The research would analyze "recent breakthroughs in the pharmacological classes such as anesthetics/analgesics, tranquilizers, hypnotics and neuromuscular blockers."
"Recent pharmaceutical developments suggest that new approaches to safer chemical immobilizers with improved performance characteristics may be available," it said.
Arms control experts say regardless of how safe agents can be made, development and use of such agents by the military could run afoul of the international Chemical Weapons Convention, depending on their intended uses.
Fundamentally, the treaty prohibits using any chemical agents for warfare, while allowing for unspecified law enforcement use, and for riot control situations if the agent has only temporary side effects.
"The convention doesn't ban chemicals, it bans purposes under which those chemicals are applied," said Jean Pascal Zanders, project leader on chemical and biological warfare for the Stockholm International Peace Research Institute.
Experts see the administration's plan potentially in conflict with the treaty with respect to such military purposes such as peacekeeping, counterterrorism, search and rescue and crowd control.
Wheelis contends the U.S. military has not publicly made the case that using chemical incapacitants for such activities would be legal.
"Not only do you have to show that this is not a means of warfare, you also have to demonstrate that this is law enforcement," he said. "My view is the Pentagon has to demonstrate proactively that this is legal."

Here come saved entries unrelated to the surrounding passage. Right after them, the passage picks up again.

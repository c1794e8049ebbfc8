-- ===== src/Kernel/Bytes/Copy.antt =====
-- What `memset` and `memcpy` leave in each byte.
use tp_so.Base.{
  ℕ, zero, suc, ◌+◌, ◌-◌, ◌*◌, ◌/◌, ◌%◌, ◌≤◌, ◌<◌, ◌≡◌, ◌⊎◌, inl, inr, sym, ap, ◌∙◌, ◌&&◌, leb, ltb,
  ◌==◌, if◌then◌else◌, arith, Bool-cases,
}
use tp_so.Kernel.{update}
use tp_so.Kernel.Bytes.{Bytes, set_bytes, memset, copy_word, copy_words, copy_bytes, memcpy}

-- Each of `n` bytes from `d` on holds what the byte at the same place from `s` on held, and the others
-- are as they were.
abbrev pub Copied : Bytes → Bytes → ℕ → ℕ → ℕ → Type 0
Copied m m1 d s n = (a : ℕ) → m1 a ≡ (if leb d a && ltb a (d + n) then m (s + (a - d)) else m a)

abbrev pub Filled : Bytes → Bytes → ℕ → ℕ → ℕ → Type 0
Filled m m1 d v n = (a : ℕ) → m1 a ≡ (if leb d a && ltb a (d + n) then v else m a)

pub set_bytes-Filled :
    (m : Bytes) (dst chr length : ℕ) → Filled m (set_bytes m dst chr length) dst chr length
unfolding set_bytes
set_bytes-Filled m dst chr zero a = ground arith
set_bytes-Filled m dst chr (suc length) a =
    ground (arith, set_bytes-Filled (update m (dst + length) chr) dst chr length a)

pub memset-Filled :
    (m : Bytes) (dst c length : ℕ) → c < 256 → Filled m (memset m dst c length) dst c length
unfolding memset
memset-Filled m dst c length h a =
    let e : c % 256 ≡ c = omega (arith, h) in rw e (set_bytes-Filled m dst c length a)

-- One copy after another, where the second does not read what the first has changed.
module _ (m m1 r : Bytes) (d s k n t : ℕ) (whole : t ≡ k + n) (first : Copied m m1 d s k)
    (next : Copied m1 r (d + k) (s + k) n) where
  unread : (d + k ≤ s) ⊎ (d ≡ s) → (c : ℕ) → s + k ≤ c → m1 c ≡ m c
  unread (inl h) c i = ground (arith, first c)
  unread (inr h) c i = ground (arith, first c)

  then-Copied : (d + k ≤ s) ⊎ (d ≡ s) → Copied m r d s t
  then-Copied h a = elim (Bool-cases (leb (d + k) a)) [
    | inl e ↦
        let same : (s + k) + (a - (d + k)) ≡ s + (a - d) = ground arith in
        let there : m1 ((s + k) + (a - (d + k))) ≡ m (s + (a - d)) =
          unread h _ (omega arith) ∙ ap m same in
        ground (arith, next a, first a, there, e)
    | inr e ↦ ground (arith, next a, first a, e)
  ]

at-offset : (m : Bytes) (d s a i : ℕ) → a ≡ d + i → m (s + i) ≡ m (s + (a - d))
at-offset m d s a i h = let e : s + i ≡ s + (a - d) = omega arith in ap m e

one-Copied : (m : Bytes) (d s : ℕ) → Copied m (update m d (m s)) d s 1
one-Copied m d s a = ground (arith, at-offset m d s a 0)

-- Forwards it is no matter that the target reaches into the source.
pub copy_bytes-Copied : (m : Bytes) (d s n : ℕ) → d ≤ s → Copied m (copy_bytes m d s n) d s n
unfolding copy_bytes
copy_bytes-Copied m d s zero h a = ground arith
copy_bytes-Copied m d s (suc n) h a =
    then-Copied m (update m d (m s)) (copy_bytes (update m d (m s)) (d + 1) (s + 1) n) d s 1 n
      (suc n) (omega arith) (one-Copied m d s)
      (copy_bytes-Copied (update m d (m s)) (d + 1) (s + 1) n (omega arith)) (ground arith) a

word-Copied : (m : Bytes) (d s : ℕ) → Copied m (copy_word m d s) d s 4
unfolding copy_word
word-Copied m d s a =
    ground
      (arith, at-offset m d s a 0, at-offset m d s a 1, at-offset m d s a 2, at-offset m d s a 3)

pub copy_words-Copied :
    (m : Bytes) (d s n : ℕ) → (d + 4 ≤ s) ⊎ (d ≡ s) → Copied m (copy_words m d s n) d s (4 * n)
unfolding copy_words
copy_words-Copied m d s zero h a = ground arith
copy_words-Copied m d s (suc n) h a =
    then-Copied m (copy_word m d s) (copy_words (copy_word m d s) (d + 4) (s + 4) n) d s 4 (4 * n)
      (4 * suc n) (omega arith) (word-Copied m d s)
      (copy_words-Copied (copy_word m d s) (d + 4) (s + 4) n (ground arith)) h a

Copied-length : (m r : Bytes) (d s k n : ℕ) → k ≡ n → Copied m r d s k → Copied m r d s n
Copied-length m r d s k n e h = rw (sym e) h

apart-words : (d s : ℕ) → d ≤ s → d % 4 ≡ 0 → s % 4 ≡ 0 → (d + 4 ≤ s) ⊎ (d ≡ s)
apart-words d s h i j = ground arith

-- `memcpy` to an address that is not behind the source, in words or in bytes: the bytes of the target
-- hold what those of the source held, and the others are as they were.
pub memcpy-Copied : (m : Bytes) (d s n : ℕ) → d ≤ s → Copied m (memcpy m d s n) d s n
unfolding memcpy
memcpy-Copied m d s n h a = elim (Bool-cases (d % 4 == 0 && s % 4 == 0 && n % 4 == 0)) [
  | inl e ↦
      let words : (d + 4 ≤ s) ⊎ (d ≡ s) = apart-words d s h (ground arith) (ground arith) in
      let whole : 4 * (n / 4) ≡ n = ground arith in
      rw e (
        Copied-length m (copy_words m d s (n / 4)) d s (4 * (n / 4)) n whole
          (copy_words-Copied m d s (n / 4) words) a)
  | inr e ↦ rw e (copy_bytes-Copied m d s n h a)
]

Using chemicals under such circumstances, he said, might be allowable if they were specifically authorized as law enforcement activity either by the country where they were used or by the U.N. Security Council.

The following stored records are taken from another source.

-- ===== src/Store/Interfaces/Telescope.antt =====
-- internal/store/sqlite/rollup.go, `aggregateInterfaceRows`: the sums over pairs of neighbours are
-- differences of the last row and the first.
use flameping.Prelude.{
  ◌∙◌, All, ℕ, zero, suc, ◌+◌, ◌-◌, ◌*◌, ◌≤◌, ◌<◌, ◌≡◌, refl, ap, List, [], ◌∷◌, false, leb, arith,
  length, Option-cases, inl, inr, ◌⊎◌,
}
use flameping.Store.Interfaces.{
  InterfaceAggregate, InterfaceRow, RowError, Summed, add_deltas, add_interface_row,
  add_interface_rows, aggregate_interface_rows, counter, counter_count, no_interface, refused,
  summed, with_pair, zero_counters,
}
use flameping.Store.Interfaces.Deltas.{HasGrown, NotLower, add_deltas-some, add_deltas_grown}

-- The array of a row.
abbrev pub IsFull : InterfaceRow → Type 0
IsFull r = length r.counters ≡ counter_count

-- Row by row, time goes on and no counter goes down.
abbrev pub IsSteady : InterfaceRow → List InterfaceRow → Type 0
IsSteady previous [] = Unit
IsSteady previous (row ∷ rows) =
    (previous.at < row.at) × NotLower previous.counters row.counters × IsSteady row rows

abbrev pub last_row : InterfaceRow → List InterfaceRow → InterfaceRow
last_row previous [] = previous
last_row previous (row ∷ rows) = last_row row rows

counter-zero_counters : (j n : ℕ) → counter j (zero_counters n) ≡ 0
unfolding counter zero_counters
counter-zero_counters j zero = refl
counter-zero_counters zero (suc n) = refl
counter-zero_counters (suc j) (suc n) = counter-zero_counters j n

below : (a b : ℕ) → b < a → leb a b ≡ false
below a b h = ground arith

-- What a round adds where it does not fail.
pub record IsStep (a : InterfaceAggregate) (previous row : InterfaceRow) (b : InterfaceAggregate)
    : Type 0 where
  pub later : previous.at ≤ row.at
  pub elapsed_grown : b.elapsed ≡ a.elapsed + (row.at - previous.at) * 1000
  pub samples_same : b.samples ≡ a.samples
  pub width : length b.delta ≡ counter_count
  pub grown : HasGrown a.delta previous.counters row.counters b.delta

Summed-cases :
    {A : Type 0} (o : Summed A) → ((e : RowError) × (o ≡ refused e)) ⊎ ((a : A) × (o ≡ summed a))
Summed-cases (refused e) = inl (e, refl)
Summed-cases (summed a) = inr (a, refl)

-- The rows between cancel out.
together :
    (a c b : InterfaceAggregate) (p q r : InterfaceRow)
    → IsStep a p q c
    → IsStep c q r b
    → IsStep a p r b
unfolding HasGrown
together a c b p q r s t = record {
  later = omega (arith, s.later, t.later);
  elapsed_grown = omega (arith, s.elapsed_grown, t.elapsed_grown, s.later, t.later);
  samples_same = t.samples_same ∙ s.samples_same;
  width = t.width;
  grown = λ j. omega (arith, s.grown j, t.grown j);
}

module _ (rate_of : ℕ → ℕ → ℕ) where
  add_interface_row-some :
      (a : InterfaceAggregate) (previous row : InterfaceRow)
      → length a.delta ≡ counter_count
      → IsFull previous
      → IsFull row
      → previous.at < row.at
      → NotLower previous.counters row.counters
      → (b : InterfaceAggregate) × (add_interface_row rate_of a previous row ≡ summed b)
  unfolding add_interface_row
  add_interface_row-some a previous row w p r later h =
      let (sums, done) =
        add_deltas-some a.delta previous.counters row.counters (omega (arith, p, w))
          (omega (arith, r, w)) h in
      (with_pair rate_of a previous row sums, rw (below row.at previous.at later, done) refl)

  add_interface_row-IsStep :
      (a b : InterfaceAggregate) (previous row : InterfaceRow)
      → length a.delta ≡ counter_count
      → IsFull previous
      → IsFull row
      → add_interface_row rate_of a previous row ≡ summed b
      → (previous.at < row.at) × NotLower previous.counters row.counters × IsStep a previous row b
  unfolding add_interface_row
  add_interface_row-IsStep a b previous row w p r h =
      elim (Option-cases (add_deltas a.delta previous.counters row.counters)) [
        | inl bad ↦ absurd (ground (arith, h, bad))
        | inr (sums, good) ↦
            let (width, low, grown) =
              add_deltas_grown a.delta previous.counters row.counters sums (omega (arith, p, w))
                (omega (arith, r, w)) good in
            let later : previous.at < row.at = ground (arith, h) in
            let delta : b.delta ≡ sums = ground (arith, h, good) in
            (
              later,
              low,
              record {
                later = omega (arith, later);
                elapsed_grown = ground (arith, h, good);
                samples_same = ground (arith, h, good);
                width = ap length delta ∙ width ∙ w;
                grown = rw delta grown;
              },
            )
      ]

  add_interface_rows-some :
      (a : InterfaceAggregate) (previous : InterfaceRow) (rows : List InterfaceRow)
      → length a.delta ≡ counter_count
      → IsFull previous
      → All IsFull rows
      → IsSteady previous rows
      → (b : InterfaceAggregate) × (add_interface_rows rate_of a previous rows ≡ summed b)
  unfolding add_interface_rows
  add_interface_rows-some a previous [] w p full steady = (a, refl)
  add_interface_rows-some a previous (row ∷ rows) w p (r, full) (later, low, steady) =
      let (b, one) = add_interface_row-some a previous row w p r later low in
      let (_, _, step) = add_interface_row-IsStep a b previous row w p r one in
      let (c, all) = add_interface_rows-some b row rows step.width r full steady in
      (c, rw (add_interface_rows, one) all)

  add_interface_rows-IsStep :
      (a b : InterfaceAggregate) (previous : InterfaceRow) (rows : List InterfaceRow)
      → length a.delta ≡ counter_count
      → IsFull previous
      → All IsFull rows
      → add_interface_rows rate_of a previous rows ≡ summed b
      → IsSteady previous rows × IsStep a previous (last_row previous rows) b
  unfolding add_interface_rows
  add_interface_rows-IsStep a b previous [] w p full h =
      let same : b ≡ a = ground (arith, h) in
      rw same (
        tt,
        record {
          later = omega arith;
          elapsed_grown = omega arith;
          samples_same = refl;
          width = w;
          grown = unfold HasGrown in λ j. refl;
        },
      )
  add_interface_rows-IsStep a b previous (row ∷ rows) w p (r, full) h =
      elim (Summed-cases (add_interface_row rate_of a previous row)) [
        | inl (e, bad) ↦ absurd (ground (arith, h, bad))
        | inr (c, one) ↦
            let (later, low, step) = add_interface_row-IsStep a c previous row w p r one in
            let rest : add_interface_rows rate_of c row rows ≡ summed b = ground (arith, h, one) in
            let (steady, steps) = add_interface_rows-IsStep c b row rows step.width r full rest in
            ((later, low, steady), together a c b previous row (last_row row rows) step steps)
      ]

  -- On rows of fifteen counters, aggregateInterfaceRows succeeds exactly where the time of each row is
  -- later than that of the row before and no counter goes down. Its deltas are then the counters of
  -- the last row less those of the first, its elapsed time is that between these two, and its samples
  -- are the rows.
  pub aggregate_interface_rows_lem :
      (first : InterfaceRow) (rows : List InterfaceRow)
      → All IsFull (first ∷ rows)
      → (IsSteady first rows
          → (a : InterfaceAggregate) × (aggregate_interface_rows rate_of (first ∷ rows) ≡ summed a))
        × ((a : InterfaceAggregate)
            → aggregate_interface_rows rate_of (first ∷ rows) ≡ summed a
            → IsSteady first rows
              × (a.elapsed ≡ ((last_row first rows).at - first.at) * 1000)
              × (a.samples ≡ length (first ∷ rows))
              × ((j : ℕ)
                  → counter j a.delta + counter j first.counters
                    ≡ counter j (last_row first rows).counters))
  unfolding aggregate_interface_rows no_interface
  aggregate_interface_rows_lem first rows (f, full) =
      let start : InterfaceAggregate = record no_interface { samples = length (first ∷ rows) } in
      (
        λ steady. add_interface_rows-some start first rows refl f full steady,
        λ a h.
            let (steady, step) = add_interface_rows-IsStep start a first rows refl f full h in
            (
              steady,
              omega (arith, step.elapsed_grown),
              step.samples_same,
              λ j.
                  unfold HasGrown in
                  omega (arith, step.grown j, counter-zero_counters j counter_count),
            ),
      )
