-- ===== src/Store/Pings/Counts.antt =====
-- internal/store/sqlite/rollup.go: the counts of an aggregate against one another.
use flameping.Prelude.{ℕ, ◌+◌, ◌≤◌, ◌≡◌, refl, List, [], ◌∷◌, arith, length}
use flameping.Histogram.{Floats}
use flameping.Store.Pings.{
  GapRow, PingAggregate, PingSample, add_row, add_rows, add_sent, aggregate_raw, empty, observe_rtt,
  observe_timeout, select, settle_min,
}

-- Every attempt is sent or failed, and every sent probe is answered on time, late or not at all; a
-- round trip is counted for replies only.
pub record AddsUp (a : PingAggregate) : Type 0 where
  pub attempts : a.attempted ≡ a.sent + a.send_error
  pub sent_probes : a.sent ≡ a.on_time + a.late + a.unanswered
  pub round_trips : a.rtt_count ≤ a.on_time + a.late

add_row-AddsUp :
    (floats : Floats) (a : PingAggregate) (x : PingSample) → AddsUp a → AddsUp (add_row floats a x)
unfolding add_row observe_timeout add_sent observe_rtt
add_row-AddsUp floats a x v = ground (arith, v.attempts, v.sent_probes, v.round_trips)

add_row-attempted :
    (floats : Floats) (a : PingAggregate) (x : PingSample)
    → (add_row floats a x).attempted ≡ a.attempted + 1
unfolding add_row observe_timeout add_sent observe_rtt
add_row-attempted floats a x = ground arith

add_rows-AddsUp :
    (floats : Floats) (a : PingAggregate) (xs : List PingSample)
    → AddsUp a
    → AddsUp (add_rows floats a xs) × ((add_rows floats a xs).attempted ≡ a.attempted + length xs)
unfolding add_rows
add_rows-AddsUp floats a [] v = (v, omega arith)
add_rows-AddsUp floats a (x ∷ xs) v =
    let (w, n) = add_rows-AddsUp floats (add_row floats a x) xs (add_row-AddsUp floats a x v) in
    (w, omega (arith, n, add_row-attempted floats a x))

-- The counts that a rollup of any range of a target has: one attempt for each row, and the missed
-- slots on top of them.
pub aggregate_raw-AddsUp :
    (floats : Floats) (samples : List PingSample) (gaps : List GapRow) (target start end : ℕ)
    → let a = aggregate_raw floats samples gaps target start end in
      AddsUp a
      × (a.attempted ≡ length (select target start end samples))
      × (a.scheduled ≡ a.attempted + a.scheduler_missed)
unfolding aggregate_raw settle_min empty
aggregate_raw-AddsUp floats samples gaps target start end =
    let (v, n) =
      add_rows-AddsUp floats empty (select target start end samples)
        (record { attempts = refl; sent_probes = refl; round_trips = omega arith }) in
    ground (arith, v.attempts, v.sent_probes, v.round_trips, n)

Two of the potential uses that might pose problems with respect to the treaty are peacekeeping and counterterrorism, said professor Matthew Meselson, co-director of the Harvard Sussex Program on Chemical and Biological Warfare Armament and Arms Limitation noting the treaty expressly forbids chemical weapons use for warfare.

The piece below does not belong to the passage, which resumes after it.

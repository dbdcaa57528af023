-- ===== src/Store/Writer/Early.antt =====
-- internal/store/sqlite/writer.go: a reply that the bus delivers before the row of its probe.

"You could imagine them in various flavors, some of which sound fine and some of which don't," he said.
"In peacekeeping, if it is against an organized armed unit, that definitely would be warfare," he said.
It is too soon to tell whether the program violates the treaty, Zanders said. He added, though, another part of the document could point to a potential treaty breach.
The document said the Pentagon's Joint Nonlethal Weapons Directorate found the technology falls under its broad core mission area of "incapacitating personnel" and could be used for "clearing of facilities" and "area denial."
"These are some of the core purposes of using chemicals in military warfare," he said.
There is little publicly available information explaining how the U.S. military views the constraints of the treaty on the use of chemical incapacitants. A slide show summarizing a Navy assessment presented in April 2001, however, suggested the Navy considers such agents allowable if incapacitation is temporary, for riot control in military operations other than war, and if it discriminates between civilians and combatants.
The slide show, presented by a Marine Corps attorney-advisor, suggested chemicals might also be used "defensively," such as against rioting prisoners, in situations where civilians are used as shields, for search and rescue, and for "rear areas security."
The Pentagon solicitation itself tacitly acknowledged use of the technologies could pose a challenge to the requirements of the convention.
The second phase of the program requires research to "determine implications of the Chemical Warfare Convention (CWC) for proposed scenarios of use" of the chosen material and "select optimum scenario(s) of use."